In a previous post, we explained how self-organizing maps work, with a very simple example. In this post, we will explain how to implement self-organizing maps for an investment strategy.

Last time, we gave a simple example with a map of colors to explain in detail how self-organizing maps (SOM) work. As we saw, similar colors tend to stick together. As such, we may use this algorithm for some kind of clustering. In the conclusions, we speculated we could use it in finance, with **fundamental data** or with **price** behavior. In this post, we will use a SOM with fundamental data.

## Review: the basic algorithm

First, let’s review the basics of how the SOM algorithm works:

- Randomly initialize the neurons of the map.
- Repeat until convergence or until maximum number of steps is reached:
- Shuffle examples
- For each example
- Find
**best matching unit**(BMU) - Update BMU’s and neighbors’ values

- Find

Last time, we used three values for each neuron and for each example, representing RGB values. We did this as it was fairly easy to see the results. At the end we had a beautiful, organized map, in which similar colors clumped close together. The problem is that we were lacking a real application. This time around, we will finally see how to use self-organizing maps for an investment strategy

## Real example

First, we will start with a basic **momentum strategy**, with the S&P 500 as the investment universe. Every day, we will rank the available assets by their 6-month cumulative return, and invest in the 10% with the best result. We will not take into account any transaction costs, or any other fees.

As we can see, the results are relatively bad. Up until the beginning of 2019, the strategy keeps up with the benchmark. But afterwards, it starts underperforming. In the whole period, the strategy has an 8.34% annualized return and an annualized volatility of 19.90%, compared to the benchmark’s 11.36% return and 18.91% volatility. Nevertheless, this is the least important part. Now, we want to test whether a SOM will help with our results.

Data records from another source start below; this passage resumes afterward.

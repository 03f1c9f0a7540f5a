-- ===== src/App/Prompt/Invariant.antt =====
-- internal/app/prompt.go: an invariant of `consumePrompt`, as what the calls of its loop must keep. The child
-- modules show that the whole loop then keeps it, one part of the loop each.
pub mod Recovery
pub mod Actions
pub mod Events
pub mod Timers
pub mod Verdict
pub mod TurnEnd
pub mod Rounds
use cyber_foreman.Prelude.{
  ℕ, ◌+◌, String, Bool, true, false, not, ◌||◌, Option, none, some, ◌≡◌, refl, sym, ap, subst, ◌⊎◌,
  inl, inr, arith, Map, List, [], ◌∷◌, lookup,
}
use cyber_foreman.Domain.{TaskStatus, verifying, completed, is_status}
use cyber_foreman.Event.{Event}
use cyber_foreman.Event.Bus.Defs.{Env, Bus, publish_checked}
use cyber_foreman.Supervisor.Types.{
  Snapshot, Decision, Action, none_action, nudge, cancel_and_follow_up, retry_session, repair,
  semantic_redirect, start_verification, complete, attention_required, stop,
}
use cyber_foreman.Supervisor.Ledger.{apply_decision}
use cyber_foreman.Supervisor.Ledger.Laws.{after}
use cyber_foreman.Supervisor.Executor.{Performer, ExecuteError, execute, publish}
use cyber_foreman.Supervisor.Executor.Keeps.{Keeps, execute-keeps, execute-after}
use cyber_foreman.App.Types.{ServiceError, Runtime, Service}
use cyber_foreman.App.Service.{announce, transition, require_attention}
use cyber_foreman.App.Verify.{VerificationReport, execute_verification, finish_verification}
use cyber_foreman.App.Prompt.State.{
  Plant, Loop, Outcome, stay, leave, loop_of, Acting, new_prompt_snapshot, attend, attend_and_leave,
  transit, executor, run_decision,
}
use cyber_foreman.App.Prompt.Performers.{
  prompt_performer, prompt_perform, no_op_performer, retry_performer, retry_perform,
}
use cyber_foreman.App.Prompt.Turn.{start_prompt, stop_mid_turn_review, remember_prompt}

-- The bus after these publications, the last one first.
unfoldable pub told : {J : Type 0} → Env J → List Event → Bus J → Bus J
told env [] b = b
told env (e ∷ es) b = (publish_checked env e (told env es b)).1

-- The report of a verification that starts in this state of the loop, at this time, with nothing done to the
-- service since but these publications: `transition` to `verifying`, and then `executeVerification`.
abbrev pub report_of :
    {J S W : Type 0} → Plant J S W → ℕ → Loop J S W → List Event → VerificationReport
report_of p now l es =
    let s =
      (transition p.env p.ops p.task_id verifying "agent turn finished" now
        (record l.service { bus = told p.env es l.service.bus })).1 in
    (execute_verification p.env p.sys p.checkout p.task_id p.runtime now s l.world).0

-- Whether a report does not stand against the task.
unfoldable pub stands : VerificationReport → Bool
stands r = not r.required || r.passed

-- What the loop's calls keep of the service, the snapshot and the generation of its turns, where `R` holds of
-- every report of its verifications.
pub record Invariant {J S W : Type 0} (p : Plant J S W) (R : VerificationReport → Type 0)
    (I : Service J S → Snapshot → ℕ → Type 0) : Type 0 where
  pub announces :
      (e : Event) {s : Service J S} {n : Snapshot} {g : ℕ} → I s n g → I (announce p.env e s) n g
  pub transits :
      (to : TaskStatus) (reason : String) (now : ℕ) {s : Service J S} {n : Snapshot} {g : ℕ}
      → is_status to completed ≡ false
      → I s n g
      → I (transition p.env p.ops p.task_id to reason now s).1 n g
  pub attends :
      (reason : String) (now : ℕ) {s : Service J S} {n : Snapshot} {g : ℕ}
      → I s n g
      → I (require_attention p.env p.ops p.task_id reason now s).1 n g
  pub finishes :
      (r : VerificationReport) (now : ℕ) {s : Service J S} {n : Snapshot} {g : ℕ}
      → R r
      → stands r ≡ true
      → I s n g
      → I (finish_verification p.env p.ops p.task_id p.runtime r now s) n g
  pub replaces :
      (rs : Map Runtime) {s : Service J S} {n : Snapshot} {g : ℕ}
      → I s n g
      → I (record s { runtimes = rs }) n g
  pub observes :
      (st : TaskStatus) (t i : ℕ) {s : Service J S} {n : Snapshot} {g : ℕ}
      → I s n g
      → I s (record n { status = st; last_progress_at = t; idle_sequence = i }) g
  pub restarts :
      (now : ℕ) {s : Service J S} {n : Snapshot} {g : ℕ}
      → I s n g
      → I s (new_prompt_snapshot p.task_id p.runtime.policy now) g
  pub charges :
      (d : Decision) {s : Service J S} {n : Snapshot} {g : ℕ}
      → I s n g
      → I s (after n (apply_decision n d)) g
  pub begins : {s : Service J S} {n : Snapshot} {g : ℕ} → I s n g → I s n (g + 1)

module _ {J S W : Type 0} (p : Plant J S W) where
  -- Performing changes the world of the agents and nothing of the service.
  abbrev pub Quiet : Performer (Acting J S W) → Type 0
  Quiet perf = (d : Decision) (a : Acting J S W) → (perf.perform d a).1.service ≡ a.service

  prompt_performer-Quiet : (session : String) → Quiet (prompt_performer p session)
  unfolding prompt_perform
  prompt_performer-Quiet session d a = go d.action
    where
      go : (x : Action) → (prompt_perform p session x a).1.service ≡ a.service
      go nudge = refl
      go cancel_and_follow_up = refl
      go attention_required = refl
      go stop = refl
      go none_action = refl
      go retry_session = refl
      go repair = refl
      go semantic_redirect = refl
      go start_verification = refl
      go complete = refl

  no_op_performer-Quiet : (x : Action) → Quiet (no_op_performer p x)
  no_op_performer-Quiet x d a = refl

  retry_performer-Quiet : (previous : String) → Quiet (retry_performer p previous)
  unfolding retry_perform
  retry_performer-Quiet previous d a = ground arith

  -- An execution with the performer that does nothing tells the bus of it, and that is all.
  pub run_decision_quiet :
      (x : Action) (d : Decision) (now : ℕ) (l : Loop J S W)
      → let l' = (run_decision p (no_op_performer p x) d now l).3 in
        (es : List Event) × (l'.service ≡ record l.service { bus = told p.env es l.service.bus })
        × (l'.world ≡ l.world)
  unfolding run_decision publish told
  run_decision_quiet x d now l =
      let only_told : Acting J S W → Type 0 = λ a.
        (es : List Event) × (a.service ≡ record l.service { bus = told p.env es l.service.bus })
        × (a.world ≡ l.world) in
      execute-keeps (executor p now) l.snapshot d (no_op_performer p x) {K = only_told}
        (record {
          publishing = λ e a (es, s, w). (e ∷ es, ap (λ t. announce p.env e t) s, w);
          performing = λ d a k. k;
        })
        (record { service = l.service; world = l.world; retried = none }) ([], refl, refl)

module _ {J S W : Type 0} {p : Plant J S W} {R : VerificationReport → Type 0}
    {I : Service J S → Snapshot → ℕ → Type 0} (inv : Invariant p R I) where
  -- The invariant, of the loop's variables.
  abbrev pub Holds : Loop J S W → Type 0
  Holds l = I l.service l.snapshot l.generation

  pub attend-Holds :
      (reason : String) (now : ℕ) (l : Loop J S W)
      → Holds l
      → Holds (loop_of (attend_and_leave p reason now l))
  unfolding attend_and_leave attend
  attend-Holds reason now l h = inv.attends reason now h

  pub transit-Holds :
      (to : TaskStatus) (reason : String) (now : ℕ) (l : Loop J S W)
      → is_status to completed ≡ false
      → Holds l
      → Holds (transit p to reason now l).1
  unfolding transit
  transit-Holds to reason now l e h = inv.transits to reason now e h

  -- What an execution leaves: the loop, and the loop with the snapshot that the execution returns.
  pub run_decision-Holds :
      (perf : Performer (Acting J S W)) (d : Decision) (now : ℕ) (l : Loop J S W)
      → Quiet p perf
      → Holds l
      → let (err, next, retried, l') = run_decision p perf d now l in
        Holds l' × Holds (record l' { snapshot = next })
  unfolding run_decision publish
  run_decision-Holds perf d now l q h =
      let a : Acting J S W = record { service = l.service; world = l.world; retried = none } in
      let keeps : (n : Snapshot) → Keeps (executor p now) perf (λ b. I b.service n l.generation) =
        λ n. record {
          publishing = λ x w k. inv.announces x k;
          performing = λ d w k. subst (λ s. I s n l.generation) (sym (q d w)) k;
        } in
      (
        execute-keeps (executor p now) l.snapshot d perf (keeps l.snapshot) a h,
        elim (execute-after (executor p now) l.snapshot d perf a) [
          | inl e ↦
              subst (λ n. I (run_decision p perf d now l).3.service n l.generation) (sym e)
                (execute-keeps (executor p now) l.snapshot d perf (keeps l.snapshot) a h)
          | inr e ↦
              subst (λ n. I (run_decision p perf d now l).3.service n l.generation) (sym e)
                (execute-keeps (executor p now) l.snapshot d perf (keeps _) a (inv.charges d h))
        ],
      )

  pub start_prompt-Holds :
      (display words source : String) (remember : Bool) (now : ℕ) (l : Loop J S W)
      → Holds l
      → Holds (start_prompt p display words source remember now l)
  unfolding start_prompt stop_mid_turn_review remember_prompt
  start_prompt-Holds display words source true now l h =
      inv.announces _ (inv.observes _ now _ (inv.begins h))
  start_prompt-Holds display words source false now l h =
      inv.announces _ (inv.observes _ now _ (inv.begins h))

What will be our algorithm? It depends on what we want to achieve. We think diversification is always a worthy goal, and we want to use financial ratios. So we have settled on the following: we will use a SOM to cluster together similar assets, in terms of their Debt to Equity, Return on Equity, and Price to Earnings. When we have trained our SOM, we will pick assets one by one from our original ranking (remember, a 6-month momentum ranking). Every time we do so, we see which other assets fall close to it in the map (as assigned by their respective BMU’s), and penalize them on the ranking.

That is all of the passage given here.